Performa: Angka vs. Kenyataan
Di atas kertas, chip Snapdragon 8 Elite Gen 5 pada S26 Ultra mengungguli Snapdragon 8 Elite pada S25 Ultra. Tes benchmark menunjukkan peningkatan kinerja sekitar 10%, namun ini berarti perbedaan yang minimal di dunia nyata. Kedua ponsel menangani tugas-tugas berat seperti bermain game dan mengedit foto dengan mudah.
Performa kameranya juga hampir sama. Meskipun S26 Ultra memiliki aperture yang sedikit lebih lebar, dampak praktisnya terhadap kualitas gambar dapat diabaikan. Kedua ponsel mengambil foto luar biasa dengan rentang dinamis lebar dan kemampuan zoom yang mengesankan. Fitur Samsung yang didukung AI kemungkinan akan diluncurkan ke model lama, sehingga semakin mengurangi keunggulan S26 Ultra.

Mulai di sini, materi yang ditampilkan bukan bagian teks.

-- ===== src/Msource/Unlinking.antt =====
-- Removal from the list of mapped blocks.
use pgasus.Common.{
  All, ℕ, ◌+◌, ◌≡◌, ◌≢◌, ◌⊎◌, inl, inr, refl, sym, ◌∙◌, List, [], ◌∷◌, ◌++◌, ◌==◌, ==_iff,
  if◌then◌else◌, arith, Bool-cases, subst, true, false,
}
use pgasus.Msource.World.{Memory, write, prev_of, next_of}
use pgasus.Msource.Source.{unlink_chunk}
use pgasus.Msource.Chunks.{
  AllApart, Spread, Header, Segment, Agree, Agree-Segment, AllApart-Agree, set_prev-Segment,
  last-All, last-valid, set_next-Segment,
}
use pgasus.Msource.Linking.{
  Chunks, append-Segment, split-Segment, first-Segment, empty-Segment, Spread-parts, apart_first,
}

-- The neighbours of a block point past it: what `unlink_chunk` makes of the memory.
abbrev bypass_next : (q n : ℕ) → Memory → Memory
bypass_next q n m = if q == 0 then m else write (q + 16) n m

abbrev bypass_prev : (q n : ℕ) → Memory → Memory
bypass_prev q n m = if n == 0 then m else write (n + 8) q m

Agree-refl : (m : Memory) (xs : List ℕ) → Agree m m xs
Agree-refl m [] = tt
Agree-refl m (x ∷ xs) = (λ a le ge. refl, Agree-refl m xs)

bypass_next-Agree :
    (q n : ℕ) (m : Memory) (xs : List ℕ) → AllApart q xs ⊎ (q ≡ 0) → Agree m (bypass_next q n m) xs
bypass_next-Agree q n m xs (inr z) = rw ((==_iff q 0).1 z) (Agree-refl m xs)
bypass_next-Agree q n m xs (inl h) = elim (Bool-cases (q == 0)) [
  | inl e ↦ rw e (Agree-refl m xs)
  | inr e ↦ rw e (AllApart-Agree q 16 n m xs (omega arith) h)
]

start-Segment : (m : Memory) (ms p h q t : ℕ) → Segment m ms p h [] q t → p ≡ q
unfolding Segment
start-Segment m ms p h q t (e, e') = e

to_empty-Segment : (m : Memory) (ms p h q : ℕ) → p ≡ q → Segment m ms p h [] q h
unfolding Segment
to_empty-Segment m ms p h q e = (e, refl)

bypass_next-Segment :
    (m : Memory) (ms h : ℕ) (xs : List ℕ) (q t n : ℕ)
    → Spread xs
    → Segment m ms 0 h xs q t
    → Segment (bypass_next q n m) ms 0 (if q == 0 then n else h) xs q n
bypass_next-Segment m ms h [] q t n spread s =
    let z : (q == 0) ≡ true = (==_iff q 0).1 (sym (start-Segment m ms 0 h q t s)) in
    rw z (to_empty-Segment m ms 0 n q (start-Segment m ms 0 h q t s))
bypass_next-Segment m ms h (x ∷ xs) q t n spread s =
    let valid : q ≢ 0 = last-valid m ms 0 h x xs q t s in
    let linked : (q == 0) ≡ false = ground (arith, valid) in
    rw linked (set_next-Segment m ms 0 h (x ∷ xs) q t n valid spread s)

bypass_prev-Segment :
    (m : Memory) (ms c n : ℕ) (q : ℕ) (ys : List ℕ) (r : ℕ)
    → Spread ys
    → Segment m ms c n ys r 0
    → (r' : ℕ) × Segment (bypass_prev q n m) ms q n ys r' 0
bypass_prev-Segment m ms c n q [] r spread s = (
  q,
  subst (λ x. Segment (bypass_prev q n m) ms q x [] q 0) (sym (empty-Segment m ms c n r 0 s))
      (to_empty-Segment (bypass_prev q n m) ms q 0 q refl),
)
bypass_prev-Segment m ms c n q (y ∷ ys) r spread s =
    let (e, valid) = first-Segment m ms c n y ys r 0 s in
    let linked : (n == 0) ≡ false = ground (arith, valid, e) in
    rw (linked, e)
      (
        r,
        set_prev-Segment m ms c q y ys r 0 spread (subst (λ x. Segment m ms c x (y ∷ ys) r 0) e s),
      )

bypass_prev-Agree :
    (m : Memory) (ms c n q : ℕ) (ys xs : List ℕ) (r : ℕ)
    → Segment m ms c n ys r 0
    → All (λ x. AllApart x (c ∷ ys)) xs
    → Agree m (bypass_prev q n m) xs
bypass_prev-Agree m ms c n q [] xs r s apart =
    let ended : (n == 0) ≡ true = (==_iff n 0).1 (empty-Segment m ms c n r 0 s) in
    rw ended (Agree-refl m xs)
bypass_prev-Agree m ms c n q (y ∷ ys) xs r s apart =
    let (e, valid) = first-Segment m ms c n y ys r 0 s in
    let linked : (n == 0) ≡ false = ground (arith, valid, e) in
    rw (linked, e) (AllApart-Agree y 8 q m xs (omega arith) (apart_first c y ys xs apart))

-- What a list says of the block after `xs`.
pub at-Segment :
    (m : Memory) (ms q t c : ℕ) (ys : List ℕ) (r : ℕ)
    → Segment m ms q t (c ∷ ys) r 0
    → (t ≡ c) × Header m ms q c × Segment m ms c (next_of m c) ys r 0
unfolding Segment
at-Segment m ms q t c ys r s = s

-- The last of the blocks before is apart from those after them, or there are none before.
before-apart :
    (m : Memory) (ms h : ℕ) (xs : List ℕ) (q t : ℕ) (zs : List ℕ)
    → Segment m ms 0 h xs q t
    → All (λ x. AllApart x zs) xs
    → AllApart q zs ⊎ (q ≡ 0)
before-apart m ms h [] q t zs s apart = inr (sym (start-Segment m ms 0 h q t s))
before-apart m ms h (x ∷ xs) q t zs s apart =
    inl (last-All (λ y. AllApart y zs) m ms 0 h x xs q t apart s)

tail-Spread : (c : ℕ) (ys : List ℕ) → Spread (c ∷ ys) → AllApart c ys × Spread ys
unfolding Spread
tail-Spread c ys s = s

unlink_chunk-bypass :
    (c head q : ℕ) (m : Memory)
    → prev_of m c ≡ q
    → Agree m (bypass_next q (next_of m c) m) (c ∷ [])
    → unlink_chunk c head m ≡ (
      if q == 0 then next_of m c else head,
      bypass_prev q (next_of m c) (bypass_next q (next_of m c) m),
    )
unfolding unlink_chunk
unlink_chunk-bypass c head q m e (agree, _) =
    rw (e, agree (c + 8) (omega arith) (omega arith), agree (c + 16) (omega arith) (omega arith), e)
      refl

-- The removal leaves the size of the block.
bypass_prev-size :
    (m : Memory) (ms c n q : ℕ) (ys : List ℕ) (r : ℕ)
    → AllApart c ys
    → Segment m ms c n ys r 0
    → bypass_prev q n m c ≡ m c
unfolding write
bypass_prev-size m ms c n q [] r apart s =
    let ended : (n == 0) ≡ true = (==_iff n 0).1 (empty-Segment m ms c n r 0 s) in rw ended refl
bypass_prev-size m ms c n q (y ∷ ys) r (apart, _) s =
    let (e, valid) = first-Segment m ms c n y ys r 0 s in
    let linked : (n == 0) ≡ false = ground (arith, valid, e) in
    let other : (y + 8 == c) ≡ false = ground (arith, apart) in rw (linked, e, other) refl

-- Removal from the middle of the list.
pub unlink_chunk-Chunks :
    (c ms head : ℕ) (m : Memory) (xs ys : List ℕ)
    → Spread (xs ++ (c ∷ ys))
    → Chunks m ms head (xs ++ (c ∷ ys))
    → Chunks (unlink_chunk c head m).1 ms (unlink_chunk c head m).0 (xs ++ ys)
      × ((unlink_chunk c head m).1 c ≡ m c)
unlink_chunk-Chunks c ms head m xs ys spread (r, s) =
    let (q, t, before, after) = split-Segment m ms 0 head xs (c ∷ ys) r 0 s in
    let (e, header, rest) = at-Segment m ms q t c ys r after in
    let (spread_xs, spread_cys, apart_xs) = Spread-parts xs (c ∷ ys) spread in
    let (apart, spread_ys) = tail-Spread c ys spread_cys in
    let n = next_of m c in
    let m1 = bypass_next q n m in
    let agree =
      bypass_next-Agree q n m (c ∷ ys) (before-apart m ms head xs q t (c ∷ ys) before apart_xs) in
    let rest' = Agree-Segment m m1 ms c n ys r 0 agree.1 rest in
    let (r', after') = bypass_prev-Segment m1 ms c n q ys r spread_ys rest' in
    let before' = bypass_next-Segment m ms head xs q t n spread_xs before in
    let head' = if q == 0 then n else head in
    rw (unlink_chunk-bypass c head q m header.prev (agree.0, tt)) (
      (
        r',
        append-Segment (bypass_prev q n m1) ms 0 head' xs q n ys r' 0
            (Agree-Segment m1 (bypass_prev q n m1) ms 0 head' xs q n
              (bypass_prev-Agree m1 ms c n q ys xs r rest' apart_xs) before')
            after',
      ),
      bypass_prev-size m1 ms c n q ys r apart rest' ∙ agree.0 c (omega arith) (omega arith),
    )
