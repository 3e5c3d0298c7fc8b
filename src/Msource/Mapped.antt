-- ===== src/Msource/Mapped.antt =====
-- Blocks that are mapped one by one: allocation, and release with the last use of a source.
use pgasus.Common.{
  ℕ, ◌+◌, ◌-◌, ◌%◌, ◌^◌, ◌≤◌, ◌<◌, ◌≡◌, ◌≢◌, refl, true, false, some, List, ◌∷◌, ◌++◌, ◌==◌, ==_iff,
  if◌then◌else◌, ◌&&◌, leb, le→leb, length, count, arith, subst, suc, length-append,
}
use pgasus.Msource.Align.{word}
use pgasus.Msource.Counter.{
  IsCount, add_block, remove_block, add_block-IsCount, remove_block-IsCount,
}
use pgasus.Msource.World.{World, Memory, munmap, size_of, put_source}
use pgasus.Msource.Source.{
  Given, alloc, free_impl, get_footer_for_mem, follow, link_chunk, write_chunk, unlink_chunk,
}
use pgasus.Msource.Release.{free, destroy}
use pgasus.Msource.Chunks.{AllApart, Spread, Header}
use pgasus.Msource.Linking.{Chunks, link_chunk-Chunks, remove-Spread, split-Segment}
use pgasus.Msource.Unlinking.{unlink_chunk-Chunks, at-Segment}

-- A source with the mapped blocks `xs`, `n` blocks in its arenas and `r` references.
pub record IsSource (w : World) (ms : ℕ) (xs : List ℕ) (n r : ℕ) : Type 0 where
  pub valid : ms ≢ 0
  pub spread : Spread xs
  pub chunks : Chunks w.memory ms (w.sources ms).mmapped_chunk_head xs
  pub counted : IsCount (w.sources ms).count (length xs + n, r)

-- The footer of a mapped block is found from its pointer.
pub found_footer :
    (c ms p fuel : ℕ) (m : Memory)
    → Header m ms p c
    → ms ≢ 0
    → get_footer_for_mem (suc fuel) (c + 40) m ≡ some (c + 24)
unfolding get_footer_for_mem follow
found_footer c ms p fuel m header valid =
    let back : c + 40 - 16 ≡ c + 24 = omega arith in
    let real : (m (c + 24) == 0) ≡ false = ground (arith, header.source, valid) in
    rw (back, real) refl

-- Allocation of a block that is mapped: the pointer is behind its header, the block is at the head of
-- the list, one block more is counted, and the footer is found from the pointer.
pub alloc-mapped :
    (sizeof_arena ms bytes : ℕ) (g : Given) (w : World) (xs : List ℕ) (n r : ℕ)
    → IsSource w ms xs n r
    → (w.sources ms).mmap_threshold ≤ bytes
    → g.block ≢ 0
    → AllApart g.block xs
    → suc (length xs + n) < 2 ^ 40
    → ((alloc sizeof_arena ms bytes g w).1 ≡ g.block + 40)
      × IsSource (alloc sizeof_arena ms bytes g w).0 ms (g.block ∷ xs) n r
      × (get_footer_for_mem 1 (g.block + 40) (alloc sizeof_arena ms bytes g w).0.memory
          ≡ some (g.block + 24))
unfolding alloc get_footer_for_mem follow Spread
alloc-mapped sizeof_arena ms bytes g w xs n r i large got apart room =
    let mapped : leb (w.sources ms).mmap_threshold bytes ≡ true = le→leb _ _ large in
    let given : (g.block == 0) ≡ false = ground (arith, got) in
    let head = (w.sources ms).mmapped_chunk_head in
    let m = link_chunk g.block head (write_chunk g.block ms ((bytes + 40) % word) w.memory) in
    let chunks =
      link_chunk-Chunks g.block ms ((bytes + 40) % word) head w.memory xs got apart i.spread
        i.chunks in
    let header = at-Segment m ms 0 g.block g.block xs chunks.0 chunks.1 in
    rw (mapped, given)
      (
        refl,
        record {
          valid = i.valid;
          spread = (apart, i.spread);
          chunks = rw ((==_iff ms ms).1 refl) chunks;
          counted = rw ((==_iff ms ms).1 refl) (
              subst (λ b. IsCount (add_block (w.sources ms).count) (b, r)) (omega arith)
                (add_block-IsCount (w.sources ms).count (length xs + n) r i.counted room));
        },
        found_footer g.block ms 0 0 m header.1 i.valid,
      )

-- What `free_impl` makes of a source with the mapped block `c`.
abbrev pub without : (ms c : ℕ) → World → World
without ms c w =
    let s = w.sources ms in
    let (head, m) = unlink_chunk c s.mmapped_chunk_head w.memory in
    record (put_source ms (record s { mmapped_chunk_head = head; count = (remove_block s.count).0 })
      w) { memory = m; freed = munmap c (size_of w.memory c) ∷ w.freed }

free_impl-mapped :
    (ms c q : ℕ) (w : World)
    → Header w.memory ms q c
    → (unlink_chunk c (w.sources ms).mmapped_chunk_head w.memory).1 c ≡ w.memory c
    → free_impl ms (c + 40) (c + 24) w ≡ (without ms c w, (remove_block (w.sources ms).count).1)
unfolding free_impl
free_impl-mapped ms c q w header size =
    let back : c + 40 - 40 ≡ c = omega arith in
    let mapped : (w.memory (c + 24 + 8) == 0) ≡ true = (==_iff _ _).1 header.arena in
    rw (mapped, back, size) refl

pub without-IsSource :
    (ms c : ℕ) (w : World) (xs ys : List ℕ) (n r : ℕ)
    → IsSource w ms (xs ++ (c ∷ ys)) n r
    → IsSource (without ms c w) ms (xs ++ ys) n r
      × ((remove_block (w.sources ms).count).1 ≡ (length (xs ++ ys) + n == 0 && r == 0))
without-IsSource ms c w xs ys n r i =
    let one_more : length (xs ++ (c ∷ ys)) ≡ suc (length (xs ++ ys)) =
      omega (arith, length-append xs (c ∷ ys), length-append xs ys) in
    let counted : IsCount (w.sources ms).count (suc (length (xs ++ ys) + n), r) =
      subst (λ b. IsCount (w.sources ms).count (b, r)) (omega (arith, one_more)) i.counted in
    let (count, answer) =
      remove_block-IsCount (w.sources ms).count (length (xs ++ ys) + n) r counted in
    let (chunks, size) =
      unlink_chunk-Chunks c ms (w.sources ms).mmapped_chunk_head w.memory xs ys i.spread i.chunks in
    (
      record {
        valid = i.valid;
        spread = remove-Spread c xs ys i.spread;
        chunks = rw ((==_iff ms ms).1 refl) chunks;
        counted = rw ((==_iff ms ms).1 refl) count;
      },
      answer,
    )

-- Release of the block: the source is destroyed if that was its last use.
pub free-without :
    (fuel ms c : ℕ) (w : World) (xs ys : List ℕ) (n r : ℕ)
    → IsSource w ms (xs ++ (c ∷ ys)) n r
    → free (suc fuel) (c + 40) w ≡ (
        if (remove_block (w.sources ms).count).1
        then destroy (suc fuel) ms (without ms c w)
        else some (without ms c w))
unfolding free
free-without fuel ms c w xs ys n r i =
    let (q, t, before, after) = split-Segment w.memory ms 0 _ xs (c ∷ ys) i.chunks.0 0 i.chunks.1 in
    let (e, header, rest) = at-Segment w.memory ms q t c ys i.chunks.0 after in
    let (chunks, size) =
      unlink_chunk-Chunks c ms (w.sources ms).mmapped_chunk_head w.memory xs ys i.spread i.chunks in
    let found = found_footer c ms q fuel w.memory header i.valid in
    let some_p : (c + 40 == 0) ≡ false = ground arith in
    rw (some_p, found, header.source, free_impl-mapped ms c q w header size) refl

Perangkat Lunak dan Dukungan: Umur Panjang Itu Penting
Kedua ponsel menjalankan Android 16 dengan Samsung One UI 8, menawarkan fitur perangkat lunak yang identik. Samsung menjamin pembaruan keamanan selama tujuh tahun untuk kedua model, memastikan S25 Ultra tetap aman setidaknya hingga tahun 2032. S26 Ultra akan bertahan hingga tahun 2033, tetapi dukungan tambahan satu tahun tidak sebanding dengan harga premiumnya.
Daya tahan baterai sedikit lebih baik pada S26 Ultra, namun perbedaannya minimal. Streaming YouTube selama tiga jam menguras kedua ponsel dengan jumlah yang sebanding. S25 Ultra bekas mungkin memiliki kesehatan baterai yang sedikit menurun, tetapi hal ini tidak akan menjadi signifikan setelah hanya satu tahun penggunaan.
Pilihan yang Lebih Cerdas: Galaxy S24 Ultra
Jika Anda ingin menghemat lebih banyak uang, pertimbangkan Galaxy S24 Ultra, tersedia di pasar bekas dengan harga sekitar $536. Kameranya sebanding, prosesornya masih berkinerja baik, dan tetap aman hingga tahun 2031. Pembaruan bertahap dari Samsung berarti bahwa model lama tetap memiliki nilai yang besar lama setelah versi yang lebih baru dirilis.
Industri telepon mengandalkan meyakinkan konsumen bahwa model terbaru itu penting. Namun bagi kebanyakan orang, produk andalan tahun lalu memberikan lebih dari cukup kekuatan dan fitur dengan biaya yang jauh lebih rendah. Peningkatan sebenarnya terletak pada pengakuan kebenaran sederhana ini.
Kesimpulan: Samsung Galaxy S26 Ultra terlalu mahal untuk apa yang ditawarkannya. S25 Ultra – atau bahkan S24 Ultra – memberikan proposisi nilai yang unggul, menghadirkan kinerja unggulan tanpa banderol harga selangit. Jangan tertipu oleh sensasi pemasaran; pembeli cerdas melewatkan generasi terbaru dan menghemat ratusan dolar.